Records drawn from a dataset
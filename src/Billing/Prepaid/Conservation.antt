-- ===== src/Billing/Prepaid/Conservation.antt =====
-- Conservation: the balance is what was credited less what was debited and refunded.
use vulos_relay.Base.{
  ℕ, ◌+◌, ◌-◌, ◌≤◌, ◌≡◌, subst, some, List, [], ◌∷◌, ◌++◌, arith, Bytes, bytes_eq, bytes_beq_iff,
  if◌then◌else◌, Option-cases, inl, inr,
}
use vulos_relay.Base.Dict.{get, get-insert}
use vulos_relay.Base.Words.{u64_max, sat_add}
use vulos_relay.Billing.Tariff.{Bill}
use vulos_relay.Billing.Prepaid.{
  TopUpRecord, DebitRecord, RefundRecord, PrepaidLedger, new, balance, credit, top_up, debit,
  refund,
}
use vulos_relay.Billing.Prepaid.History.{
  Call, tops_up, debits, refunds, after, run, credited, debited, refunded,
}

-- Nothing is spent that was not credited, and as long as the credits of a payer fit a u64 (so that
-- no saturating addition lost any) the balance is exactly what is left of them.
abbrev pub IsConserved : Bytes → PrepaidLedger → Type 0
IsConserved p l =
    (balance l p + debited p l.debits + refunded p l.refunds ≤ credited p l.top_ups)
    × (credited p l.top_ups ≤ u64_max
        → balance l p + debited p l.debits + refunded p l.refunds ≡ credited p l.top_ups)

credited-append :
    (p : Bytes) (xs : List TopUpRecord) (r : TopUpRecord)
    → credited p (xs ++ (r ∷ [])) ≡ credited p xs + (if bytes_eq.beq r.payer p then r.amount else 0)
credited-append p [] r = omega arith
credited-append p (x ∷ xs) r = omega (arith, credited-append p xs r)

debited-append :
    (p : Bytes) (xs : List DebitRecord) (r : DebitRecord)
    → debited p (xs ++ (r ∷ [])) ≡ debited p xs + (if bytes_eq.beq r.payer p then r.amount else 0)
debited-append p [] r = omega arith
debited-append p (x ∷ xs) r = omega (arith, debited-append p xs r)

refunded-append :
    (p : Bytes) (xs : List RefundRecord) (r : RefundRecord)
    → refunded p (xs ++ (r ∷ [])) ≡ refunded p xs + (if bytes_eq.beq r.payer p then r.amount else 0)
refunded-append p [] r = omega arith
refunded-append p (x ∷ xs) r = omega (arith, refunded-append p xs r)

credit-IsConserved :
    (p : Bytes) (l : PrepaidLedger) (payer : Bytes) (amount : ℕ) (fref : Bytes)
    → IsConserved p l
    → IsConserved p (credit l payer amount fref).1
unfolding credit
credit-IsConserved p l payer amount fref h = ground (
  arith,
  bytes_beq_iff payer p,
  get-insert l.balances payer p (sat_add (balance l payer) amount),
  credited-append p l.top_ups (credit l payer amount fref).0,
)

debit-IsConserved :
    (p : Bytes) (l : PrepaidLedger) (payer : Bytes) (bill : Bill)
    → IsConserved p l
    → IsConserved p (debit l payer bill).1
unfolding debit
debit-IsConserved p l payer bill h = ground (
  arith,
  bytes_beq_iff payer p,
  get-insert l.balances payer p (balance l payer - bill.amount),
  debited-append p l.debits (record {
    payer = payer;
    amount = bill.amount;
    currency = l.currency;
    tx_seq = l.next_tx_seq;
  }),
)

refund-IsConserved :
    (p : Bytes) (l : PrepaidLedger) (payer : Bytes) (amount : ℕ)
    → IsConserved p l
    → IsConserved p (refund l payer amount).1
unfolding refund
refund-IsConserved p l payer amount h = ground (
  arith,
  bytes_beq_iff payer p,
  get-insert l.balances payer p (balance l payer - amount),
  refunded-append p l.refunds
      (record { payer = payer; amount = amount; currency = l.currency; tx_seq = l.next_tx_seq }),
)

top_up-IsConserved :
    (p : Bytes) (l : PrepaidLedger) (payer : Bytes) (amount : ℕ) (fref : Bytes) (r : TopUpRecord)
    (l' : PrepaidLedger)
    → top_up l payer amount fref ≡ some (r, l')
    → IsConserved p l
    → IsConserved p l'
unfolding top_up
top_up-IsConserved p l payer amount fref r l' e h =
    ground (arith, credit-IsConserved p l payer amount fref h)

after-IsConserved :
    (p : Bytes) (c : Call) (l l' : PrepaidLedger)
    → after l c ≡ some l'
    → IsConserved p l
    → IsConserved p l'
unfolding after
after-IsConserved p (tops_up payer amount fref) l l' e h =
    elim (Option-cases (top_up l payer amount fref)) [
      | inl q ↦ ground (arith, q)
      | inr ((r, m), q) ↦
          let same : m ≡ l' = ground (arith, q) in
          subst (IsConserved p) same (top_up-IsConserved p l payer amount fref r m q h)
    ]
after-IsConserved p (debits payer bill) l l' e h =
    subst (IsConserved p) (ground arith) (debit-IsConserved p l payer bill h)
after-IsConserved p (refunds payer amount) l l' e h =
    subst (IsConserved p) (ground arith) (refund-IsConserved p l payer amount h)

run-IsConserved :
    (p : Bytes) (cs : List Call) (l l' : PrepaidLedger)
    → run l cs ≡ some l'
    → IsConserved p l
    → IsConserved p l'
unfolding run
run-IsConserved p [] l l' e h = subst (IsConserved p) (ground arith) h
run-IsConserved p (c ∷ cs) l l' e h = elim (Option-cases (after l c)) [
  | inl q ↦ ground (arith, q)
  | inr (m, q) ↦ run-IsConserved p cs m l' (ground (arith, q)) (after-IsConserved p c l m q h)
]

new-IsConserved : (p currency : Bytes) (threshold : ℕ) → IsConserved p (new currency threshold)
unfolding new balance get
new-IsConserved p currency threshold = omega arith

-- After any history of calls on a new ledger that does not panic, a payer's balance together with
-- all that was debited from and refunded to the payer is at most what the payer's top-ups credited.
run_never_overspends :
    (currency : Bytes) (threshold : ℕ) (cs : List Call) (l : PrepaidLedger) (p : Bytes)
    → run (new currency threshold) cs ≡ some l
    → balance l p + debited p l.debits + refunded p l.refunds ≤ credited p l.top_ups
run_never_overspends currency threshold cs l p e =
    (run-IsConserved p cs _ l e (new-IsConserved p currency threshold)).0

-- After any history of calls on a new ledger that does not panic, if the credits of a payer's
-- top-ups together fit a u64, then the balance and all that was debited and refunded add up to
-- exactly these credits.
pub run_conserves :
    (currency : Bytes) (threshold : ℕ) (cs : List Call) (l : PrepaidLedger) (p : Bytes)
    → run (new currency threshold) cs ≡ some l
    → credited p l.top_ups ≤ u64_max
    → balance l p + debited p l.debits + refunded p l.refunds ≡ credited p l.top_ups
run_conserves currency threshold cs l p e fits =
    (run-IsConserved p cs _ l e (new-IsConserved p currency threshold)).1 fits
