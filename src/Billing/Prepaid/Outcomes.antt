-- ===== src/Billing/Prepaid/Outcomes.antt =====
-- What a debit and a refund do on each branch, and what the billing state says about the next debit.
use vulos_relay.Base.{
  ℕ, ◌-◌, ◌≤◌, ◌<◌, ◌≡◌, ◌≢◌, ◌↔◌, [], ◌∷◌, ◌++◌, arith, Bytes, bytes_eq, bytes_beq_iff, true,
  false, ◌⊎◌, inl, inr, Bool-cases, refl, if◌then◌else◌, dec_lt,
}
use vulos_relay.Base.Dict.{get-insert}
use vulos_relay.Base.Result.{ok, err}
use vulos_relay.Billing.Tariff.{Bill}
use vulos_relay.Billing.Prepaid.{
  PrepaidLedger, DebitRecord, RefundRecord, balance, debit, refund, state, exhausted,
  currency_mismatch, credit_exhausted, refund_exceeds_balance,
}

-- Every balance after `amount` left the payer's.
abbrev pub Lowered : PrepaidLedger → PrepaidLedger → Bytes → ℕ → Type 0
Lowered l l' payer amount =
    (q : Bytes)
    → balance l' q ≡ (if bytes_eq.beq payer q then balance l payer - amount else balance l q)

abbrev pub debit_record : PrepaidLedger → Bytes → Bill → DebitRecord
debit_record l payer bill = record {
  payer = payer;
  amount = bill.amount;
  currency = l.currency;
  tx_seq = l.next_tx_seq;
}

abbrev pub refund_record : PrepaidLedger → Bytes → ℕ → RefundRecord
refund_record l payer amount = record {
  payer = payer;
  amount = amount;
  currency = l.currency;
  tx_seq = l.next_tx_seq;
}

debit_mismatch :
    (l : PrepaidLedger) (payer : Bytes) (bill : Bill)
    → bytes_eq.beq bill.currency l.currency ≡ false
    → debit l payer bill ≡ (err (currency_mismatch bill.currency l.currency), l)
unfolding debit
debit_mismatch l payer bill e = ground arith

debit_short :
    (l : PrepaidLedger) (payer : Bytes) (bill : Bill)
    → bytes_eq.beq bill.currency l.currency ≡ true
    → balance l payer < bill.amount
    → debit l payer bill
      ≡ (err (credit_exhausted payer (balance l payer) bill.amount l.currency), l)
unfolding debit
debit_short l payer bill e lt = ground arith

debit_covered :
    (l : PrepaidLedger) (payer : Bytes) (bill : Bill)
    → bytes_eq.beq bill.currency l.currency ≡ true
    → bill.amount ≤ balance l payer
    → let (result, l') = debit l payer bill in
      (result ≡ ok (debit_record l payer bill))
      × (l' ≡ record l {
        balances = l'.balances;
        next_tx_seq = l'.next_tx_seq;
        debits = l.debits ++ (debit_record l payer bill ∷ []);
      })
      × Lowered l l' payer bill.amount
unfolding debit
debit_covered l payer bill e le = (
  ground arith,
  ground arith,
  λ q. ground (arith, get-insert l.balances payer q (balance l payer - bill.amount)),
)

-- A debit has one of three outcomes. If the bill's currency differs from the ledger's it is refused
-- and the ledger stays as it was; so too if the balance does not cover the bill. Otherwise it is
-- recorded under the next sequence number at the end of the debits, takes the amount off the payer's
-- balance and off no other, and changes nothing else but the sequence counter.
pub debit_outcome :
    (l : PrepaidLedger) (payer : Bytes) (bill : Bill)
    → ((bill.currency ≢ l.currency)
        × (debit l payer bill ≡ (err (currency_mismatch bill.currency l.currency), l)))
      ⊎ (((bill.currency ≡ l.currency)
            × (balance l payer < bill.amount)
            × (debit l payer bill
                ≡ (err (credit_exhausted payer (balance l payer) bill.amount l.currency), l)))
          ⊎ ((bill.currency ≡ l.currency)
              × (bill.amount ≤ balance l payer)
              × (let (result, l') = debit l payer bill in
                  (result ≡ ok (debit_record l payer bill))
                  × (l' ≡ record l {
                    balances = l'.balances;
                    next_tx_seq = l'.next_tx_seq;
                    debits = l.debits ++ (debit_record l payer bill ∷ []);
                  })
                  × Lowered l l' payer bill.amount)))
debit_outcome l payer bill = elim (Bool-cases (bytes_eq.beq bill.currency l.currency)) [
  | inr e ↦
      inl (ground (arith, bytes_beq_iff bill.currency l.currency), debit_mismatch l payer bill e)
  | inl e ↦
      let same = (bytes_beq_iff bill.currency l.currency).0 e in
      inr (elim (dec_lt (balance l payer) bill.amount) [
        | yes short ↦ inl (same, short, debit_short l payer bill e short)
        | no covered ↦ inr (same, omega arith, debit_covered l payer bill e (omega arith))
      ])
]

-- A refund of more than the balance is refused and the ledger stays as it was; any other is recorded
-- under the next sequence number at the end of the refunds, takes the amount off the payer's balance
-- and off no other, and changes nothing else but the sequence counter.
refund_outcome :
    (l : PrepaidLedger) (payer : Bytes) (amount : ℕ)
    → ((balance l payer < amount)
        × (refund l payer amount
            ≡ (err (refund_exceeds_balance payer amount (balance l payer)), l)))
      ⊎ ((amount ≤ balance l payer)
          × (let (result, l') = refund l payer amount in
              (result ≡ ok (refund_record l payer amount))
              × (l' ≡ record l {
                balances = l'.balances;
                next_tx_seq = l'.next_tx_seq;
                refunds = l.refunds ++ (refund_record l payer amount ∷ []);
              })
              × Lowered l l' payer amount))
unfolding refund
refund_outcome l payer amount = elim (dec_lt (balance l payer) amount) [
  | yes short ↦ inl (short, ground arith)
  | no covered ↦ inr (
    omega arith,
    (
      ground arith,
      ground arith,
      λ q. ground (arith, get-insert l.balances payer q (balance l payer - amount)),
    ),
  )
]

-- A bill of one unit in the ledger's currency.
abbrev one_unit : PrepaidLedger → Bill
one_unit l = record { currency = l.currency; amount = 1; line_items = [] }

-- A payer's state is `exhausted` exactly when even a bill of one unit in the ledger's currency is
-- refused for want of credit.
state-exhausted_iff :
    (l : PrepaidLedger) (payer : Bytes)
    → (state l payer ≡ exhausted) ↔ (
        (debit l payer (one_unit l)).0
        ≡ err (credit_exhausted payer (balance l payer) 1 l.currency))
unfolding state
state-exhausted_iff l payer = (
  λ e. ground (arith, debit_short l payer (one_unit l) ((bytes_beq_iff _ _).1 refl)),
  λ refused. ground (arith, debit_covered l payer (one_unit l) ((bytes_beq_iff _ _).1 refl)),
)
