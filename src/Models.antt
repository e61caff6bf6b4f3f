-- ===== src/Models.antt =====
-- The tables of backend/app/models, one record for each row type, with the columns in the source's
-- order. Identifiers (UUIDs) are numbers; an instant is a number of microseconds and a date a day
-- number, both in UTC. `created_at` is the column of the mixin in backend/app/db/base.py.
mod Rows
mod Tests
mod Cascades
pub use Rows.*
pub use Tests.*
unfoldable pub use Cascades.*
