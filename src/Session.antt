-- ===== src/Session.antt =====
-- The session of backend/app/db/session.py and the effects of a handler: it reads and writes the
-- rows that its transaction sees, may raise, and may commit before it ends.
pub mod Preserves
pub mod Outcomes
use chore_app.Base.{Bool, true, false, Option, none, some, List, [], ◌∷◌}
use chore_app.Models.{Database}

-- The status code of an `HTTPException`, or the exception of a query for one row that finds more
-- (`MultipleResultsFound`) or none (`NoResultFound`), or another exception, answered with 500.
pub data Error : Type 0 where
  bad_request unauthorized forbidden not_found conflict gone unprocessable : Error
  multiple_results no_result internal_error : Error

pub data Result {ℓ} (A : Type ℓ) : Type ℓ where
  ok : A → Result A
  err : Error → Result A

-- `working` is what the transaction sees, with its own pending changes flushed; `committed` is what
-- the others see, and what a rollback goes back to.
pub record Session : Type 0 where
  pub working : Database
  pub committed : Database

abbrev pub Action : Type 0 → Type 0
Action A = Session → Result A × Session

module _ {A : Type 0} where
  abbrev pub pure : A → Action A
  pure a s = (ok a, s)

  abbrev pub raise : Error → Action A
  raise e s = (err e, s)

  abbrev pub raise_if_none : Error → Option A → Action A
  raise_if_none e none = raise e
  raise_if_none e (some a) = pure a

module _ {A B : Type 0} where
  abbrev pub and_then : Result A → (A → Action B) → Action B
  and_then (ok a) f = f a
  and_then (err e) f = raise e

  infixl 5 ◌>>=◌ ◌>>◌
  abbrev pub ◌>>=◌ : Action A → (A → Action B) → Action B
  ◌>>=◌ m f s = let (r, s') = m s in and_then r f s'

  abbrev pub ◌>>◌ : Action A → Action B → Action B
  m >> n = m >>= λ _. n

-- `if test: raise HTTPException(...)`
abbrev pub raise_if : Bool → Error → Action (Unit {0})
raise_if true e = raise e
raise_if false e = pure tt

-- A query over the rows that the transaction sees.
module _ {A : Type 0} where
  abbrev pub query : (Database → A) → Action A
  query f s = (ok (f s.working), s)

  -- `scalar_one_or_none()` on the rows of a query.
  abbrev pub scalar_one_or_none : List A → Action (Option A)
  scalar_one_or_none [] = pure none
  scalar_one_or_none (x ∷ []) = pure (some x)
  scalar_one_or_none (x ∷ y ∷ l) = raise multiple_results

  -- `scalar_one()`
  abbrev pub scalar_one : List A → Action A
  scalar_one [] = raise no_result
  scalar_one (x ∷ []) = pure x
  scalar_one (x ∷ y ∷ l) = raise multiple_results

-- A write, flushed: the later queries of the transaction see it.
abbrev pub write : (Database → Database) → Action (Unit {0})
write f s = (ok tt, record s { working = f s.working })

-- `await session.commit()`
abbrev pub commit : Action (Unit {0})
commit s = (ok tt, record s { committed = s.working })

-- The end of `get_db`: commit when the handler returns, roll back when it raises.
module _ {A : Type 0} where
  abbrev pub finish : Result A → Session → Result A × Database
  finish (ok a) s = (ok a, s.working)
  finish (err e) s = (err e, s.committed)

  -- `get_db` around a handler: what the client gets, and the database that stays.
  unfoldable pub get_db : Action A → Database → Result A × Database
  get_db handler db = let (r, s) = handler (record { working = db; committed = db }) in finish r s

| INSTRUCTIONS TO FOLLOW |
Whenever a line in the records contains the word "together", copy that line.

| EXERCISE ANSWER |
-- After any history of calls on a new ledger that does not panic, a payer's balance together with
-- top-ups together fit a u64, then the balance and all that was debited and refunded add up to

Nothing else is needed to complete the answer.